§ **Provided data**:
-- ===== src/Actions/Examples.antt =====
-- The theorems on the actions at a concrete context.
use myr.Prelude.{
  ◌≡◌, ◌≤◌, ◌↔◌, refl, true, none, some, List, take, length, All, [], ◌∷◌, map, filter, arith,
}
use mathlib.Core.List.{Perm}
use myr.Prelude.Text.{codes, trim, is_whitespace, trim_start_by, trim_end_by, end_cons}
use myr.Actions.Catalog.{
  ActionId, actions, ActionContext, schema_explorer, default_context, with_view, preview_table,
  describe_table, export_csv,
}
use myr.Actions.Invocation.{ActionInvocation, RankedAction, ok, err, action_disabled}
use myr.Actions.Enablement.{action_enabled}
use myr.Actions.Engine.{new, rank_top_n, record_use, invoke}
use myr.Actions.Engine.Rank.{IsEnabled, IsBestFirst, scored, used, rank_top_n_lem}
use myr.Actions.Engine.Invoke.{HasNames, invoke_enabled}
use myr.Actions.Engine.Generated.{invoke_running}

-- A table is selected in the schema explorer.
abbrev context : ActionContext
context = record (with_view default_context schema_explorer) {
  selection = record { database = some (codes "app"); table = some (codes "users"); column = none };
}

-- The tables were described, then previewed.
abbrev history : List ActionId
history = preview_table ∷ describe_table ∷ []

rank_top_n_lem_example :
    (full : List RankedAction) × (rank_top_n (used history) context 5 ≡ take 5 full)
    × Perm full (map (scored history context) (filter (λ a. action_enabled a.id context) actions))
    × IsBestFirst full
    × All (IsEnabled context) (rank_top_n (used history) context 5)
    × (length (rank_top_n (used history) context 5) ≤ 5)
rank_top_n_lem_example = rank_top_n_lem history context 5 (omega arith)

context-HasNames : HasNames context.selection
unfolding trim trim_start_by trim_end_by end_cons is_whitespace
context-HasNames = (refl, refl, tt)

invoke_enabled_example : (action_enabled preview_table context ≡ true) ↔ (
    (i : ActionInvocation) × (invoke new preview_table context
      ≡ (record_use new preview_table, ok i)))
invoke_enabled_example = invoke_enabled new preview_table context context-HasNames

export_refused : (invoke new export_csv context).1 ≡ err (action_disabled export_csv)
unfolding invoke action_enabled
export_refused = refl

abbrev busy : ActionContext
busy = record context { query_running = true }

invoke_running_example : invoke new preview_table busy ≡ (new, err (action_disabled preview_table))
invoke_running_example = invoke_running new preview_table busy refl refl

* * *

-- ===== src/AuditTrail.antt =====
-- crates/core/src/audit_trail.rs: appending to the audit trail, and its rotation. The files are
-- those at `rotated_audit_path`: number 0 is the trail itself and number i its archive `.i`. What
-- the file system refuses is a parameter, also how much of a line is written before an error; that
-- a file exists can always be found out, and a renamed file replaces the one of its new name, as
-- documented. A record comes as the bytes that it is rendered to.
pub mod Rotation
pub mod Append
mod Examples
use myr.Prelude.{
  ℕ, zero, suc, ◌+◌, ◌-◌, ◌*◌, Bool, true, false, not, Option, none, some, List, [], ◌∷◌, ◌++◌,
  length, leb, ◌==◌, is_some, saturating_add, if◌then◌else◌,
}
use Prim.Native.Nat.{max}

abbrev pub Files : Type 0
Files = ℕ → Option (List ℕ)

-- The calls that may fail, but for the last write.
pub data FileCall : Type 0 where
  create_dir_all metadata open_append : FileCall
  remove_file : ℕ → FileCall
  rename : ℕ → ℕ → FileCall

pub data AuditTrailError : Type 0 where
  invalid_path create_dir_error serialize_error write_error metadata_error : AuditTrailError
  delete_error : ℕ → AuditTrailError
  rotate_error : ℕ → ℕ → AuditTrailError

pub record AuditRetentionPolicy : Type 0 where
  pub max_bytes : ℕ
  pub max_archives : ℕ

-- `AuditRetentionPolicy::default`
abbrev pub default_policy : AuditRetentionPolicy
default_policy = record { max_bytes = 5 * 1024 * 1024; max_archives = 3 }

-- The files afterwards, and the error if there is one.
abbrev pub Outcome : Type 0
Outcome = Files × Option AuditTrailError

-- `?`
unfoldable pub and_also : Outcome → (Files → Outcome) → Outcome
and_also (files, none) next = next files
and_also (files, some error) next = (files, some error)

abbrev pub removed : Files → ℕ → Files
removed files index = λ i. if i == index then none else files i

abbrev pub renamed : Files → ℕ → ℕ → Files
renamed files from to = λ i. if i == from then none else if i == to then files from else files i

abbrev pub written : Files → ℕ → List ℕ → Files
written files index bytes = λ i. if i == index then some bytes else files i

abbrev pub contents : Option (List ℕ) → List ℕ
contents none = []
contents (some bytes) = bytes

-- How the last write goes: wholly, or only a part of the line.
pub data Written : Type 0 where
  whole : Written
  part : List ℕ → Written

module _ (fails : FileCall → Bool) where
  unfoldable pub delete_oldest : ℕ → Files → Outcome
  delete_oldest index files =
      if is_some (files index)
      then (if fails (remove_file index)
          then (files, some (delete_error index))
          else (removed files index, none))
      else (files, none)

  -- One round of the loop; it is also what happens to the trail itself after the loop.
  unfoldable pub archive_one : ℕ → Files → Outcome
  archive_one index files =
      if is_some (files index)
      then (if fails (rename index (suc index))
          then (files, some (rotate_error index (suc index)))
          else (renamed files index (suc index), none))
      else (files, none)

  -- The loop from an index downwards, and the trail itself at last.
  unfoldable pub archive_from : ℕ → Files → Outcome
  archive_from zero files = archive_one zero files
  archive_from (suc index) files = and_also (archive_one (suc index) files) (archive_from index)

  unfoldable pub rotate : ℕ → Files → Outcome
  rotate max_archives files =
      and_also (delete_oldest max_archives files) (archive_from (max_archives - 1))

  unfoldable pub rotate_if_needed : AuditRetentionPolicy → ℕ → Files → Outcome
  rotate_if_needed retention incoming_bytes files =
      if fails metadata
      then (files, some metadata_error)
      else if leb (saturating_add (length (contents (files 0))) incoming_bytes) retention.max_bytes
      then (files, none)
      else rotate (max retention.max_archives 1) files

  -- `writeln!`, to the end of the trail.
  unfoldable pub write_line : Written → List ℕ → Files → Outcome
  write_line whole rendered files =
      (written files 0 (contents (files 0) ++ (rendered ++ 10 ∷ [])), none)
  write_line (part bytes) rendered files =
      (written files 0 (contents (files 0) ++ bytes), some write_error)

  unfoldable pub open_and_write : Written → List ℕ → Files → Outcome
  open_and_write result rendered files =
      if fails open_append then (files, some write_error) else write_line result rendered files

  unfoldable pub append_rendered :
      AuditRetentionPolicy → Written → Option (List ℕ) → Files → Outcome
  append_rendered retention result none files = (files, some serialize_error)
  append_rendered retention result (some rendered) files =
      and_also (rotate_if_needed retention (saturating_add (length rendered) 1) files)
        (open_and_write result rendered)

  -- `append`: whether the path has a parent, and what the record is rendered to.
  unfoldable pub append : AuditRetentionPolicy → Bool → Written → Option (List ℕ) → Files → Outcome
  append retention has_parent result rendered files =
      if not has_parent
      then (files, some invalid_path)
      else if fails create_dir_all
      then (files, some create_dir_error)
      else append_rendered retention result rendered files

§ **Work order**: Wherever a line in the entries above holds "busy", copy that line.

§ **Exercise result**:
abbrev busy : ActionContext
busy = record context { query_running = true }
invoke_running_example : invoke new preview_table busy ≡ (new, err (action_disabled preview_table))
invoke_running_example = invoke_running new preview_table busy refl refl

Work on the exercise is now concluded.